Task objective –
Of the lines listed below, return exactly those that run from the line containing "c_string-some (c ∷" through the line containing "take-snoc_long zero s t h = refl", both included.
───── Supplied data
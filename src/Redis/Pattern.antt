-- ===== src/Redis/Pattern.antt =====
-- The pattern of the SCAN command in its fixed buffer.
use mathlib.Core.List.{append_assoc}
use nginx_http_sentinel_modu.Prelude.{
  ℕ, zero, suc, ◌+◌, ◌≤◌, ◌<◌, ◌≡◌, inl, inr, refl, sym, ap, [], ◌∷◌, ◌++◌, none, some, arith, ltb,
  if◌then◌else◌, length, length-append, take, All-append, Bytes, codes, Bool-cases,
}
use nginx_http_sentinel_modu.Prelude.Prefix.{NoNul}
use nginx_http_sentinel_modu.Redis.Pull.{c_string, match_pattern}

c_string-some : (s : Bytes) → NoNul s → c_string (s ++ (0 ∷ [])) ≡ some s
unfolding c_string
c_string-some [] h = refl
c_string-some (c ∷ s) h = rw (h.0, c_string-some s h.1) refl

c_string-none : (s : Bytes) → NoNul s → c_string s ≡ none
unfolding c_string
c_string-none [] h = refl
c_string-none (c ∷ s) h = rw (h.0, c_string-none s h.1) refl

take-snoc_long : (n : ℕ) (s t : Bytes) → n ≤ length s → take n (s ++ t) ≡ take n s
take-snoc_long zero s t h = refl
take-snoc_long (suc n) [] t h = absurd (omega arith)
take-snoc_long (suc n) (c ∷ s) t h = ap (◌∷◌ c) (take-snoc_long n s t (omega arith))

take-snoc_short : (n : ℕ) (s : Bytes) → length s < n → take n (s ++ (0 ∷ [])) ≡ s ++ (0 ∷ [])
take-snoc_short zero s h = absurd (omega arith)
take-snoc_short (suc zero) [] h = refl
take-snoc_short (suc (suc n)) [] h = refl
take-snoc_short (suc n) (c ∷ s) h = ap (◌∷◌ c) (take-snoc_short n s (omega arith))

take-NoNul : (n : ℕ) (s : Bytes) → NoNul s → NoNul (take n s)
take-NoNul zero s h = tt
take-NoNul (suc n) [] h = tt
take-NoNul (suc n) (c ∷ s) h = (h.0, take-NoNul n s h.1)

-- For a prefix without a NUL, the pattern is a C string, the one meant, when the prefix leaves
-- seven bytes of the buffer; for a longer prefix the buffer has no NUL, and the call that reads
-- the pattern runs past it.
pub match_pattern_lem :
    (strlen : ℕ) (prefix : Bytes)
    → NoNul prefix
    → match_pattern strlen prefix
      ≡ (if ltb (length prefix + 6) (strlen + 64) then some (prefix ++ codes ":ban:*") else none)
unfolding match_pattern
match_pattern_lem strlen prefix h =
    let whole = prefix ++ codes ":ban:*" in
    let len = length-append prefix (codes ":ban:*") in
    let clean : NoNul whole =
      All-append _ prefix (codes ":ban:*") h (refl, (refl, (refl, (refl, (refl, (refl, tt)))))) in
    rw (sym (append_assoc prefix (codes ":ban:*") (0 ∷ [])))
      (elim (Bool-cases (ltb (length prefix + 6) (strlen + 64))) [
        | inl e ↦
            rw (e, take-snoc_short (strlen + 64) whole (ground (arith, len)))
              (c_string-some whole clean)
        | inr e ↦
            rw (e, take-snoc_long (strlen + 64) whole (0 ∷ []) (ground (arith, len)))
              (c_string-none (take (strlen + 64) whole) (take-NoNul (strlen + 64) whole clean))
      ])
──────────
Response area –
c_string-some (c ∷ s) h = rw (h.0, c_string-some s h.1) refl

c_string-none : (s : Bytes) → NoNul s → c_string s ≡ none
unfolding c_string
c_string-none [] h = refl
c_string-none (c ∷ s) h = rw (h.0, c_string-none s h.1) refl

take-snoc_long : (n : ℕ) (s t : Bytes) → n ≤ length s → take n (s ++ t) ≡ take n s
take-snoc_long zero s t h = refl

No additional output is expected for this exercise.